== Information

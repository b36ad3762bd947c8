-- ===== src/Organizr/Tests.antt =====
-- Witnesses and runs of the Organizr lists.
use native.Mathlib.Decide.{ℕ_discrete}
use k8s_homelab.Prelude.{
  none, false, nat_eq, list_eq, true, minus, some, ◌∷◌, [], all, String, refl, ◌≡◌,
}
use k8s_homelab.Prelude.Sort.{text_leb, insert_sorted, sorted_by, sorted}
use k8s_homelab.Prelude.Dict.{insert, lookup, keys}
use k8s_homelab.Prelude.Text.{codes, Text}
use k8s_homelab.Json.{
  str_value, is_truthy, get, no_fields, number, text, list, or_empty, field, no_values, dict, value,
  Fields, Value, Values,
}
use k8s_homelab.Organizr.{
  get_method, put_method, by_name, is_builtin, differs, apply_item, data_of, remove_each, call,
  apply_each, Answers, remove_unlisted, apply_list, Items, list_of,
}
use k8s_homelab.Organizr.Laws.{deleted-remove_unlisted, deleted, removable}

abbrev repr : Value → Text
repr v = []

abbrev tab : String → String → String → Fields
tab name id type =
    field (codes "name") (text (codes name)) (
      field (codes "id") (number (codes id)) (field (codes "type") (number (codes type)) no_fields))

abbrev answered : Values → Value
answered vs =
    dict (field (codes "response") (dict (field (codes "data") (list vs) no_fields)) no_fields)

-- An Organizr that lists three tabs, or one of its own as well, and accepts all that it is sent.
abbrev three : Values
three =
    value (dict (tab "a" "1" "1"))
      (value (dict (tab "b" "2" "1")) (value (dict (tab "c" "3" "2")) no_values))

abbrev lists_tabs : Values → Answers
lists_tabs tabs sent r = some (200, answered tabs)

removes :
    deleted
      (remove_unlisted repr
        (lists_tabs three)
        (codes "tabs")
        (codes "name")
        (codes "b" ∷ [])
        true
        []).1
    ≡ codes "/tabs/3" ∷ codes "/tabs/1" ∷ []
unfolding remove_unlisted deleted remove_each is_builtin str_value sorted sorted_by insert_sorted
    text_leb keys lookup is_truthy list_of call data_of or_empty by_name get insert list_eq nat_eq
    ℕ_discrete
removes = refl

keeps_own :
    remove_unlisted repr
      (lists_tabs (value (dict (tab "home" "9" "0")) three))
      (codes "tabs")
      (codes "name")
      []
      true
      []
    ≡ (false, record { method = get_method; path = codes "/tabs"; body = none; auth = true } ∷ [])
unfolding remove_unlisted deleted remove_each is_builtin str_value sorted sorted_by insert_sorted
    text_leb keys lookup is_truthy list_of call data_of or_empty by_name get insert list_eq nat_eq
    ℕ_discrete
keeps_own = refl

applies :
    apply_list repr
      (lists_tabs three)
      (codes "tabs")
      (codes "name")
      ((codes "a", tab "a" "1" "2") ∷ (codes "b", tab "b" "2" "1") ∷ [])
      []
    ≡ (
      true,
      record {
        method = put_method;
        path = codes "/tabs/1";
        body = some (field (codes "type") (number (codes "2")) no_fields);
        auth = true;
      }
          ∷ record { method = get_method; path = codes "/tabs"; body = none; auth = true }
          ∷ [],
    )
unfolding apply_list apply_each apply_item differs str_value lookup list_of call data_of or_empty
    by_name get insert list_eq nat_eq ℕ_discrete
applies = refl

abbrev listing : Items
listing =
    (codes "a", tab "a" "1" "1") ∷ (codes "b", tab "b" "2" "1") ∷ (codes "c", tab "c" "3" "2") ∷ []

listed : (list_of (lists_tabs three) (codes "tabs") (codes "name") []).0 ≡ some listing
unfolding list_of call data_of or_empty by_name get insert list_eq nat_eq ℕ_discrete
listed = refl

deleted-remove_unlisted_example :
    all
      (removable repr
        (codes "tabs")
        (codes "b" ∷ [])
        listing
        (sorted (minus (keys listing) (codes "b" ∷ [])))
        true)
      (deleted
        (remove_unlisted repr
          (lists_tabs three)
          (codes "tabs")
          (codes "name")
          (codes "b" ∷ [])
          true
          []).1)
    ≡ true
deleted-remove_unlisted_example =
    deleted-remove_unlisted repr (lists_tabs three) (codes "tabs") (codes "name") (codes "b" ∷ [])
      true listing listed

====

Reproduce each record exactly as it appears.

* Task output
repository b36ad3762bd947c8
-- ===== src/Organizr/Tests.antt =====
-- Witnesses and runs of the Organizr lists.
use native.Mathlib.Decide.{ℕ_discrete}
use k8s_homelab.Prelude.{
  none, false, nat_eq, list_eq, true, minus, some, ◌∷◌, [], all, String, refl, ◌≡◌,
}
use k8s_homelab.Prelude.Sort.{text_leb, insert_sorted, sorted_by, sorted}
use k8s_homelab.Prelude.Dict.{insert, lookup, keys}
use k8s_homelab.Prelude.Text.{codes, Text}
use k8s_homelab.Json.{
  str_value, is_truthy, get, no_fields, number, text, list, or_empty, field, no_values, dict, value,
  Fields, Value, Values,
}
use k8s_homelab.Organizr.{
  get_method, put_method, by_name, is_builtin, differs, apply_item, data_of, remove_each, call,
  apply_each, Answers, remove_unlisted, apply_list, Items, list_of,
}
use k8s_homelab.Organizr.Laws.{deleted-remove_unlisted, deleted, removable}

abbrev repr : Value → Text
repr v = []

abbrev tab : String → String → String → Fields
tab name id type =
    field (codes "name") (text (codes name)) (
      field (codes "id") (number (codes id)) (field (codes "type") (number (codes type)) no_fields))

abbrev answered : Values → Value
answered vs =
    dict (field (codes "response") (dict (field (codes "data") (list vs) no_fields)) no_fields)

-- An Organizr that lists three tabs, or one of its own as well, and accepts all that it is sent.
abbrev three : Values
three =
    value (dict (tab "a" "1" "1"))
      (value (dict (tab "b" "2" "1")) (value (dict (tab "c" "3" "2")) no_values))

abbrev lists_tabs : Values → Answers
lists_tabs tabs sent r = some (200, answered tabs)

removes :
    deleted
      (remove_unlisted repr
        (lists_tabs three)
        (codes "tabs")
        (codes "name")
        (codes "b" ∷ [])
        true
        []).1
    ≡ codes "/tabs/3" ∷ codes "/tabs/1" ∷ []
unfolding remove_unlisted deleted remove_each is_builtin str_value sorted sorted_by insert_sorted
    text_leb keys lookup is_truthy list_of call data_of or_empty by_name get insert list_eq nat_eq
    ℕ_discrete
removes = refl

keeps_own :
    remove_unlisted repr
      (lists_tabs (value (dict (tab "home" "9" "0")) three))
      (codes "tabs")
      (codes "name")
      []
      true
      []
    ≡ (false, record { method = get_method; path = codes "/tabs"; body = none; auth = true } ∷ [])
unfolding remove_unlisted deleted remove_each is_builtin str_value sorted sorted_by insert_sorted
    text_leb keys lookup is_truthy list_of call data_of or_empty by_name get insert list_eq nat_eq
    ℕ_discrete
keeps_own = refl

applies :
    apply_list repr
      (lists_tabs three)
      (codes "tabs")
      (codes "name")
      ((codes "a", tab "a" "1" "2") ∷ (codes "b", tab "b" "2" "1") ∷ [])
      []
    ≡ (
      true,
      record {
        method = put_method;
        path = codes "/tabs/1";
        body = some (field (codes "type") (number (codes "2")) no_fields);
        auth = true;
      }
          ∷ record { method = get_method; path = codes "/tabs"; body = none; auth = true }
          ∷ [],
    )
unfolding apply_list apply_each apply_item differs str_value lookup list_of call data_of or_empty
    by_name get insert list_eq nat_eq ℕ_discrete
applies = refl

abbrev listing : Items
listing =
    (codes "a", tab "a" "1" "1") ∷ (codes "b", tab "b" "2" "1") ∷ (codes "c", tab "c" "3" "2") ∷ []

listed : (list_of (lists_tabs three) (codes "tabs") (codes "name") []).0 ≡ some listing
unfolding list_of call data_of or_empty by_name get insert list_eq nat_eq ℕ_discrete
listed = refl

deleted-remove_unlisted_example :
    all
      (removable repr
        (codes "tabs")
        (codes "b" ∷ [])
        listing
        (sorted (minus (keys listing) (codes "b" ∷ [])))
        true)
      (deleted
        (remove_unlisted repr
          (lists_tabs three)
          (codes "tabs")
          (codes "name")
          (codes "b" ∷ [])
          true
          []).1)
    ≡ true
deleted-remove_unlisted_example =
    deleted-remove_unlisted repr (lists_tabs three) (codes "tabs") (codes "name") (codes "b" ∷ [])
      true listing listed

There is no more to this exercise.